Она так стремительно кинулась на конвой, так неожиданно было самое появление её, что солдаты опешили и, прежде чем сообразили преградить ей путь, она уже висела на шее ошеломлённого, растерянного и испуганного всем предыдущим Яся.

— Мой хлопчик, мой Ясь, что же это такое?! — громко, на всю площадь кричала Рая, обнимая единственного близкого человека, — куда они тебя погонят? Что же я буду делать?..

Старший фельдфебель, наконец, опомнился и бросился к ней. Два других солдата стали ему помогать — но как ни старались они оторвать руки её от шеи Яся — она опять хваталась за него, и оттащить ее было не так легко…

Ясь пытался что-то сказать дрожащими губами, но слов нельзя было разобрать и только по устремленному в то место, где упал его отец, взгляду можно было догадаться, что он говорить о нем.

— Мой Ясь, мой мальчик… — стонала Рая, отталкивая уцепившихся за её руки солдат, — что они с тобой сделают?..

Грубая, грязная до черноты, рука заткнула ей рот, другие, сильные, как железные клещи, руки стиснули её слабые пальцы — и она почувствовала, как ее подняли и понесли куда-то, в то время как вместо Яся перед глазами выросла серая и неприступная стена солдат.

Последнее, что она видела — странное мелькающее впечатление, о котором она вспомнила только потом — была черная фигура ксендза, без шапки, с негодующим лицом и сверкающими глазами. Он стоял перед приезжим генералом и, потрясая кулаками, одновременно колотя себя в грудь и указывая на неподвижный труп старого органиста, кричал что-то прямо в лицо пятившемуся от него генералу.

Потом сильный толчок в спину, ощущение земли под ногами, новый толчок, от которого она покатилась, как отброшенный ногою щенок, куда-то в вонючий и грязный угол узкого переулка — боль падения и все смешалось в голове Раи…
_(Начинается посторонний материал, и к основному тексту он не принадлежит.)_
-- ===== src/RateLimit/Counting.antt =====
-- The limit that the counters of services/rate_limit_service.py enforce.
use mathlib.Core.Option
use text.Mathlib.TextPositions.{eq_refl}
use scientific_research_rada.Prelude.{
  ℕ, ◌+◌, ◌-◌, ◌≤◌, ◌<◌, min, String, Bool, false, List, [], ◌∷◌, Option, none, some, eq_iff, ltb,
  ◌≡◌, ◌≢◌, refl, arith, if◌then◌else◌, length, Option-cases, inl, inr, All,
}
use scientific_research_rada.RateLimit.{
  RateLimitBucket, Table, Window, get, increment, insert_or_increment, consume_window, bucket_of,
  window_key, consume,
}

-- What the update does to a counter, and what it answers.
abbrev bump : ℕ → RateLimitBucket → RateLimitBucket
bump limit b = if ltb b.count limit then record b { count = b.count + 1 } else b

abbrev has_room : ℕ → Option RateLimitBucket → Bool
has_room limit none = false
has_room limit (some b) = ltb b.count limit

increment_lem :
    (key : String) (limit : ℕ) (table : Table)
    → ((increment key limit table).1 ≡ has_room limit (get key table))
      × (get key (increment key limit table).0 ≡ Option.map (bump limit) (get key table))
unfolding increment get
increment_lem key limit [] = (refl, refl)
increment_lem key limit (b ∷ rest) = ground (arith, increment_lem key limit rest)

pub increment_other :
    (key other : String) (limit : ℕ) (table : Table)
    → key ≢ other
    → get other (increment key limit table).0 ≡ get other table
unfolding increment get
increment_other key other limit [] differ = refl
increment_other key other limit (b ∷ rest) differ =
    ground
      (arith, eq_iff b.key key, eq_iff b.key other, increment_other key other limit rest differ)

get_cons_self :
    (key : String) (n t : ℕ) (table : Table)
    → get key (record { key = key; count = n; expires_at = t } ∷ table)
      ≡ some (record { key = key; count = n; expires_at = t })
unfolding get
get_cons_self key n t table = rw eq_refl

-- The count of a key, where no other session writes.
abbrev pub count_of : Option RateLimitBucket → ℕ
count_of none = 0
count_of (some b) = b.count

abbrev pub alone : Table → Table
alone table = table

-- With a limit of at least one, a call is accepted exactly while fewer calls than the limit have
-- been, and an accepted call is counted.
pub consume_window_lem :
    (window : Window) (limit : ℕ) (table : Table)
    → 0 < limit
    → let before = count_of (get window.key table) in
      let (table', accepted) = consume_window window limit alone table in
      (accepted ≡ ltb before limit)
      × (count_of (get window.key table') ≡ (if ltb before limit then before + 1 else before))
unfolding consume_window insert_or_increment
consume_window_lem window limit table h = elim (Option-cases (get window.key table)) [
  | inl absent ↦ ground (
    arith,
    increment_lem window.key limit table,
    get_cons_self window.key 1 window.deadline (increment window.key limit table).0,
  )
  | inr (b, e) ↦ ground (arith, increment_lem window.key limit table)
]

module _ (hash_key : String → String → ℕ → String) (scope subject : String)
    (limit seconds : ℕ) where
  -- The calls of one subject at the times of a list, one after the other: how many were accepted.
  unfoldable pub accepted_calls : List ℕ → Table → ℕ
  accepted_calls [] table = 0
  accepted_calls (now ∷ later) table =
      let (table', (accepted, wait)) =
        consume hash_key scope subject limit seconds now alone table in
      (if accepted then 1 else 0) + accepted_calls later table'

  consume_lem :
      (window now : ℕ) (table : Table)
      → 0 < limit
      → bucket_of seconds now ≡ window
      → let key = hash_key scope subject window in
        let before = count_of (get key table) in
        let called = consume hash_key scope subject limit seconds now alone table in
        (called.1.0 ≡ ltb before limit)
        × (count_of (get key called.0) ≡ (if ltb before limit then before + 1 else before))
  consume_lem window now table h same = rw (← same) (unfold consume window_key in counted)
    where
      counted :
          let w = window_key hash_key scope subject seconds now in
          let before = count_of (get w.key table) in
          let (table', accepted) = consume_window w limit alone table in
          (accepted ≡ ltb before limit)
          × (count_of (get w.key table') ≡ (if ltb before limit then before + 1 else before))
      counted = consume_window_lem (window_key hash_key scope subject seconds now) limit table h

  -- Calls at times of one window are counted together: of those, exactly as many are accepted as the
  -- limit still allows.
  pub accepted_calls_lem :
      (window : ℕ) (times : List ℕ) (table : Table)
      → 0 < limit
      → All (λ now. bucket_of seconds now ≡ window) times
      → count_of (get (hash_key scope subject window) table) ≤ limit
      → accepted_calls times table
        ≡ min (length times) (limit - count_of (get (hash_key scope subject window) table))
  unfolding accepted_calls
  accepted_calls_lem window [] table h same le = omega arith
  accepted_calls_lem window (now ∷ later) table h same le =
      let called = consume hash_key scope subject limit seconds now alone table in
      let facts = consume_lem window now table h same.0 in
      let rest : count_of (get (hash_key scope subject window) called.0) ≤ limit
          → accepted_calls later called.0
            ≡ min (length later) (limit - count_of (get (hash_key scope subject window) called.0)) =
        accepted_calls_lem window later called.0 h same.1 in
      ground (arith, facts, rest)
Поднявшись, она увидела в конце узкого коридора переулка двигавшиеся серые ряды солдат, знакомые лица городской молодежи среди них и легкомысленно развевающийся красный галстук.

Опять прошли солдаты — твердо и жестоко, так что казалось, что дрожат старые здания рыночной площади — отбивая такт ногою, и три всадника — два рядом и один несколько позади; высокая черная фигура со скрученными за спиною руками, спотыкаясь и почти падая, спешила за этим всадником, и веревка, которою она была прикручена к седлу, натягивалась и толкала ее вперед. С ужасом, таким глубоким, неправдоподобным, как это бывает только во сне — Рая узнала в этой фигуре ксендза… Видение промелькнуло перед нею — и скрылось за тяжелой, буро-желтой стеной мучного лабаза; и ей показалось, что это действительно только сон, что на самом деле не могло того быть, что представилось её расстроенному воображению…

Она поднялась, морщась и слегка охая от боли в ноге, зашибленной при падении — и хотела пойти на площадь, чтоб посмотреть, но дюжий, усатый, как морж, солдат преградил ей дорогу, широко расставив красные, от холода, руки.

Он что-то говорил, но она не понимала слов, а по одному его лицу, по светлому блеску его круглых, пустых глаз догадалась в чем дело и бросилась назад. Солдат присел, глаза его сощурились, и вдруг с несвойственной его грубой толщине и тяжелой одежде быстротой он бросился за Раей. Она метнулась в сторону — ворота лабаза были закрыты, она пробежала несколько шагов и наткнулась на какую-то телегу, застрявшую здесь со сломанным колесом, и уже слышала за собою сильное, торопливое дыхание погони, уже думала, что удар кулака сейчас оглушит ее — как заметила узенький проход, похожий на высокий, темный коридорчик между двумя старинными зданиями.

Цепляясь развевающимся капотом за какие-то выступы, сбивая ноги об неровные камни, она помчалась по нему, повернула направо, потом налево, вылетела на другую улицу и юркнула в первые ворота, с силой захлопнув их за собой.

Какая-то старая, полная еврейка в выцветшем парике и темной наколке испуганно посмотрела на нее с крыльца, но, очевидно, тотчас же поняв в чем дело — махнула рукой на тёмные ворота и в другой стороне двора, а сама стала задвигать засовом те, откуда вбежала Рая.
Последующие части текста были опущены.